(Saved entries)
══════════

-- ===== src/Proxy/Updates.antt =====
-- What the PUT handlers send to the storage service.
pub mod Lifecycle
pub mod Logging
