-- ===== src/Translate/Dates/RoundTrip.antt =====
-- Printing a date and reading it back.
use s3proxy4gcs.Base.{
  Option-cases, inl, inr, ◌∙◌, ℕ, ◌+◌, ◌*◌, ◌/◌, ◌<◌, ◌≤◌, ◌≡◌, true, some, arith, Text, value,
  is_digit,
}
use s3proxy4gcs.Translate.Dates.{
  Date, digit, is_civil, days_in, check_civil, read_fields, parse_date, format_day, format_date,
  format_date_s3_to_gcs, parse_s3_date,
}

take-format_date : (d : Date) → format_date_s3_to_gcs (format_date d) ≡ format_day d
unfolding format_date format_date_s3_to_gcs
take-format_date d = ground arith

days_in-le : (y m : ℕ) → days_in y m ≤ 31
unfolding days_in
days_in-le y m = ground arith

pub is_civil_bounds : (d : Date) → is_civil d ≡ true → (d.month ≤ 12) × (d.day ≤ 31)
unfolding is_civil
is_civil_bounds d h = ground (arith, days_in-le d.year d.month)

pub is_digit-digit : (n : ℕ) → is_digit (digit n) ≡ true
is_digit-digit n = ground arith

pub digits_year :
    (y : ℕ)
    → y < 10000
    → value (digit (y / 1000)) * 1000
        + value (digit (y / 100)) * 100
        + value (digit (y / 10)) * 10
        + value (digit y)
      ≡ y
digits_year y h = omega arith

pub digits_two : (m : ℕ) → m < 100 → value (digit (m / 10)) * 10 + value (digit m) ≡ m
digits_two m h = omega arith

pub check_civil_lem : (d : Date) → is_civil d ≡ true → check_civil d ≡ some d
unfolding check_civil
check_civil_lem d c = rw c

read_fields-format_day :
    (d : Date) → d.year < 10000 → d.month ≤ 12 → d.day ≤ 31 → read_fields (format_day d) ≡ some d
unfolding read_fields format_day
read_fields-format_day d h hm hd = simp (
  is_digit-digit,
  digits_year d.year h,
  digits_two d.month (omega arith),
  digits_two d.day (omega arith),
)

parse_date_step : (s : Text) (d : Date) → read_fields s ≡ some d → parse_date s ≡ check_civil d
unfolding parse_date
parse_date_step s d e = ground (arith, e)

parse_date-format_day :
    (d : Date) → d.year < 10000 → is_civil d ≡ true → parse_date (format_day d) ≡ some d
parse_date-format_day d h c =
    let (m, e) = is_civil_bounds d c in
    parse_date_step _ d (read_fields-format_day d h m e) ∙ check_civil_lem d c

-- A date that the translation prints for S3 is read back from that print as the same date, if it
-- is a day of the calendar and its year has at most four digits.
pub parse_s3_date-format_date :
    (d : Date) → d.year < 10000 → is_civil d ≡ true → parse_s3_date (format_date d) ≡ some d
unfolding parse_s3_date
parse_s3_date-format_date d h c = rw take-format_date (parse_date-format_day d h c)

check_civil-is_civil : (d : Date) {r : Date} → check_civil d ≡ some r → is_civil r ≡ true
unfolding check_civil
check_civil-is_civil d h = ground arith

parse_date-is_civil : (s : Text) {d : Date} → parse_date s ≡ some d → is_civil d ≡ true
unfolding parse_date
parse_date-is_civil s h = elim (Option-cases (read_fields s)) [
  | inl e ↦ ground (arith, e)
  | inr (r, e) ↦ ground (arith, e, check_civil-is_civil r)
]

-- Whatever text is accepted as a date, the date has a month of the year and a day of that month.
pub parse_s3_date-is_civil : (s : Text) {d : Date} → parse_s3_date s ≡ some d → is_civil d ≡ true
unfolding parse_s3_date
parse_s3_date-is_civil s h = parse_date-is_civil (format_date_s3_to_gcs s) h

══════════

**Task description**
Copy the records above exactly, beginning at the line that contains "pub digits_two : (m" and stopping after the line that contains "(format_date d) ≡ some d".

**Written solution**
pub digits_two : (m : ℕ) → m < 100 → value (digit (m / 10)) * 10 + value (digit m) ≡ m
digits_two m h = omega arith

pub check_civil_lem : (d : Date) → is_civil d ≡ true → check_civil d ≡ some d
unfolding check_civil
check_civil_lem d c = rw c

read_fields-format_day :
    (d : Date) → d.year < 10000 → d.month ≤ 12 → d.day ≤ 31 → read_fields (format_day d) ≡ some d
unfolding read_fields format_day
read_fields-format_day d h hm hd = simp (
  is_digit-digit,
  digits_year d.year h,
  digits_two d.month (omega arith),
  digits_two d.day (omega arith),
)

parse_date_step : (s : Text) (d : Date) → read_fields s ≡ some d → parse_date s ≡ check_civil d
unfolding parse_date
parse_date_step s d e = ground (arith, e)

parse_date-format_day :
    (d : Date) → d.year < 10000 → is_civil d ≡ true → parse_date (format_day d) ≡ some d
parse_date-format_day d h c =
    let (m, e) = is_civil_bounds d c in
    parse_date_step _ d (read_fields-format_day d h m e) ∙ check_civil_lem d c

-- A date that the translation prints for S3 is read back from that print as the same date, if it
-- is a day of the calendar and its year has at most four digits.
pub parse_s3_date-format_date :
    (d : Date) → d.year < 10000 → is_civil d ≡ true → parse_s3_date (format_date d) ≡ some d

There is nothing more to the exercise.